The Leland Township Board concurs with proposed plans by two local developers to clean up the county courthouse property using tax dollars provided through the state's Brownfield Redevelopment process.
At its meeting Monday, the board unanimously approved a resolution of concurrence supporting an application by Varley-Kelly Properties, L.L.C., for a proposed Brownfield Redevelopment plan for the county courthouse property. The county’s Brownfield Redevelopment Authority has already endorsed the Varley-Kelly plan, and the county Board of Commissioners will hold a public hearing at 7 p.m. on Tuesday as part of its regular monthly meeting. The county board is expected to take action that evening on recommending the plan for approval to the state’s Brownfield Redevelopment Authority.
Mac McClelland, an engineer with Otwell Mawby, P.C., of Traverse City, represents county residents Gene Kelly and Jim Varley in the Brownfield Redevelopment process. An environmental assessment conducted on the property earlier this year shows groundwater for part of the property is contaminated above acceptable levels. According to McClelland, the assessment also show the presence of metals fairly close to the surface of the ground at different sites around the property.

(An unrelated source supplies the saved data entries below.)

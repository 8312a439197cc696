-- ===== src/Lzf/Decode.antt =====
-- The loop of `Decompress` against the format.
use golly.Base.{
  ℕ, zero, suc, ◌+◌, ◌≤◌, ◌<◌, true, false, Option, none, some, [], ◌∷◌, ◌++◌, append_assoc, ◌≡◌,
  refl, sym, ap, ◌∙◌, arith, Bytes, IsBytes, ltb, lt→ltb, le→ltb,
}
use golly.Base.Calls.{ok, panic, ◌>>=◌, Run}
use golly.Base.Lists.{length, length-append}
use golly.Lzf.{Round, round, expand}
use golly.Lzf.BackRounds.{
  round-back_over, round-far, round-back, round-wraps, round-back_cut, length-repeated,
}
use golly.Lzf.Format.{
  Verdict, gives, refuses, panics, Unpack, at_end, literal_fits, literal_over, literal_cut,
  back_cut, back_over, back_far, back_wraps, back_fits,
}
use golly.Lzf.References.{Reads, reference-Reads}
use golly.Lzf.Rounds.{buffer, round-literal, round-over, round-cut}

abbrev pub outcome : ℕ → Verdict → Run (Option Bytes)
outcome limit (gives out) = ok (some (buffer limit out))
outcome limit refuses = ok none
outcome limit panics = panic

-- What the loop makes of a round.
after : ℕ → Bytes → ℕ → Round → Run (Option Bytes)
after fuel input limit r = r >>= λ s. elim s [
  | none ↦ ok none
  | some (output', iidx', oidx') ↦ expand fuel input limit output' iidx' oidx'
]

expand-round :
    (fuel limit c : ℕ) (pre out rest : Bytes) (r : Round)
    → round (pre ++ c ∷ rest) limit (buffer limit out) (length pre) (length out) ≡ r
    → expand (suc fuel) (pre ++ c ∷ rest) limit (buffer limit out) (length pre) (length out)
      ≡ after fuel (pre ++ c ∷ rest) limit r
unfolding expand after
expand-round fuel limit c pre out rest r e =
    let k : ltb (length pre) (length (pre ++ c ∷ rest)) ≡ true =
      lt→ltb _ _ (omega (arith, length-append pre (c ∷ rest))) in
    rw (expand, k, e) refl

pub IsBytes-right : (xs ys : Bytes) → IsBytes (xs ++ ys) → IsBytes ys
IsBytes-right [] ys h = h
IsBytes-right (x ∷ xs) ys (p, h) = IsBytes-right xs ys h

pub expand-Unpack :
    (limit fuel : ℕ) (pre : Bytes) {out rest : Bytes} {v : Verdict}
    → Unpack limit out rest v
    → limit < 1073741824
    → IsBytes rest
    → length pre + length rest + 64 < 4294967296
    → length out ≤ limit
    → length rest < fuel
    → expand fuel (pre ++ rest) limit (buffer limit out) (length pre) (length out) ≡ outcome limit v
unfolding expand after
expand-Unpack limit zero pre u small h short fits enough = absurd (omega arith)
expand-Unpack limit (suc fuel) pre (at_end out) small h short fits enough =
    let k : ltb (length pre) (length (pre ++ [])) ≡ false =
      le→ltb _ _ (omega (arith, length-append pre [])) in
    rw (expand, k) refl
expand-Unpack limit (suc fuel) pre (literal_fits c out run rest v p e k u) small (b, h) short fits
      enough =
    let l = length-append run rest in
    let i : length pre + 1 + (c + 1) ≡ length (pre ++ c ∷ run) =
      omega (arith, length-append pre (c ∷ run)) in
    let j : length out + (c + 1) ≡ length (out ++ run) = omega (arith, length-append out run) in
    expand-round fuel limit c pre out (run ++ rest) _
      (round-literal limit c pre out run rest small p e k (omega (arith, l)))
    ∙ rw (i, j, ← append_assoc pre (c ∷ run) rest)
        (expand-Unpack limit fuel (pre ++ c ∷ run) u small (IsBytes-right run rest h)
          (omega (arith, length-append pre (c ∷ run), l)) (omega (arith, length-append out run))
          (omega (arith, l)))
expand-Unpack limit (suc fuel) pre (literal_over c out rest p k) small (b, h) short fits enough =
    expand-round fuel limit c pre out rest _ (round-over limit c pre out rest small p fits k)
expand-Unpack limit (suc fuel) pre (literal_cut c out rest p k) small (b, h) short fits enough =
    expand-round fuel limit c pre out rest _ (round-cut limit c pre out rest p (omega arith) k)
expand-Unpack limit (suc fuel) pre (back_cut c out rest p e) small (b, h) short fits enough =
    expand-round fuel limit c pre out rest _ (round-back_cut limit c pre out rest p e)
expand-Unpack limit (suc fuel) pre (back_over c n d out rest rest' p e k) small (b, h) short fits
      enough =
    let r = reference-Reads c n d pre rest rest' h e in
    expand-round fuel limit c pre out rest _ (
      round-back_over limit c n d pre out rest rest' r p (omega (arith, r.shorter))
        (omega (arith, r.is_short)) k)
expand-Unpack limit (suc fuel) pre (back_far c n d out rest rest' p e k f g) small (b, h) short fits
      enough =
    let r = reference-Reads c n d pre rest rest' h e in
    expand-round fuel limit c pre out rest _
      (round-far limit c n d pre out rest rest' r p (omega (arith, r.shorter)) small k f g)
expand-Unpack limit (suc fuel) pre (back_wraps c n d out rest rest' p e k g) small (b, h) short fits
      enough =
    expand-round fuel limit c pre out rest _ (
      round-wraps limit c n d pre out rest rest' (reference-Reads c n d pre rest rest' h e) p small
        k g)
expand-Unpack limit (suc fuel) pre (back_fits c n d out rest rest' v p e k g u) small (b, h) short
      fits enough =
    let r : Reads c pre rest n d rest' = reference-Reads c n d pre rest rest' h e in
    let l : length r.before + length rest' ≡ length pre + 1 + length rest =
      sym (length-append r.before rest')
      ∙ ap length r.splits
      ∙ length-append pre (c ∷ rest)
      ∙ omega arith in
    expand-round fuel limit c pre out rest _
      (round-back limit c n d pre out rest rest' r p small k g)
    ∙ rw (← r.splits, r.behind, ← length-repeated (n + 2) d out)
        (expand-Unpack limit fuel r.before u small r.are_bytes (omega arith)
          (omega (arith, length-repeated (n + 2) d out)) (omega (arith, r.shorter)))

“The contamination in the ground most likely came from an iron works and slagging operation on the property during the 1880s,” he said. The groundwater contamination is believed to have come from an underground storage tank located near the former county jail site that developed a leak.
McClelland said to make the property usable again, Varley-Kelly must go through the Brownfield Redevelopment process. “We will either have to remove the contamination, or cover it up,” he said as to how they will handle the excess metals in the ground. With the groundwater contamination, the developers will have to install a central water system rather than have individual wells for each proposed dwelling unit.
The maximum cost for addressing the environmental concerns is $963,125. Kelly said the cost includes demolition of the existing buildings, other than the historic jail, once the county government moves to its new center off of M-204 in Suttons Bay Township sometime early next year.
Developers originally thought they would pay for the demolition by applying for a Michigan Department Environmental Quality (DEQ) grant. Kelly said it was later learned the grants are only given to projects where job creation is the main objective. Instead, the two men are applying for a low interest loan through the DEQ to pay for the demolition and site restoration.
If the state approves the proposed Brownfield Redevelopment plan, the county Brownfield Redevelopment Authority will recover the costs using tax increment financing and repay the state.
McClelland said the plan calls for the state to “capture” all state and most local tax revenues to be generated by the property over a 13-year period. Currently, Leland Township receives no property tax revenues from the courthouse property since its is owned by the county government.
If sale of the property is completed to Varley-Kelly in the spring of 2008 and they proceed with their proposed plans to develop the land into a residential project, the county authority would not start capturing tax revenues until 2009. McClelland said once the project is fully built out, which is expected to take four years starting in 2008, the property will generate $120,000 in tax revenues in 2012.
The authority may only capture tax revenues on the property until the $963,125 debt is paid off. McClelland said it could take as long as 13 years to pay the debt. During that time the only local government body that would receive any property tax revenues from the Varley-Kelly project would be Leland Public School for its debt-retirement millage.
McClelland said if it looks like 13 years will not enough time to cover this cost, the county authority may extend the tax revenue capture period up to an additional five years without any other approval required.
Leland Township Board members made no comment about this caveat in the Varley-Kelly redevelopment plan. But, District No. 5 county Commissioner David “Chauncey” Shiflett, who is a member of the county Brownfield Redevelopment Authority, said it is highly unlikely the county would do that.
Clerk Jane Keen asked McClelland why the township should endorse a plan that includes having public tax dollars pay for a private property’s central drinking well system.
McClelland said if the Brownfield Redevelopment plan is not approved, odds are Varley and Kelly would not proceed with purchasing the property and the township would not receive any new property tax revenues now or in the near future.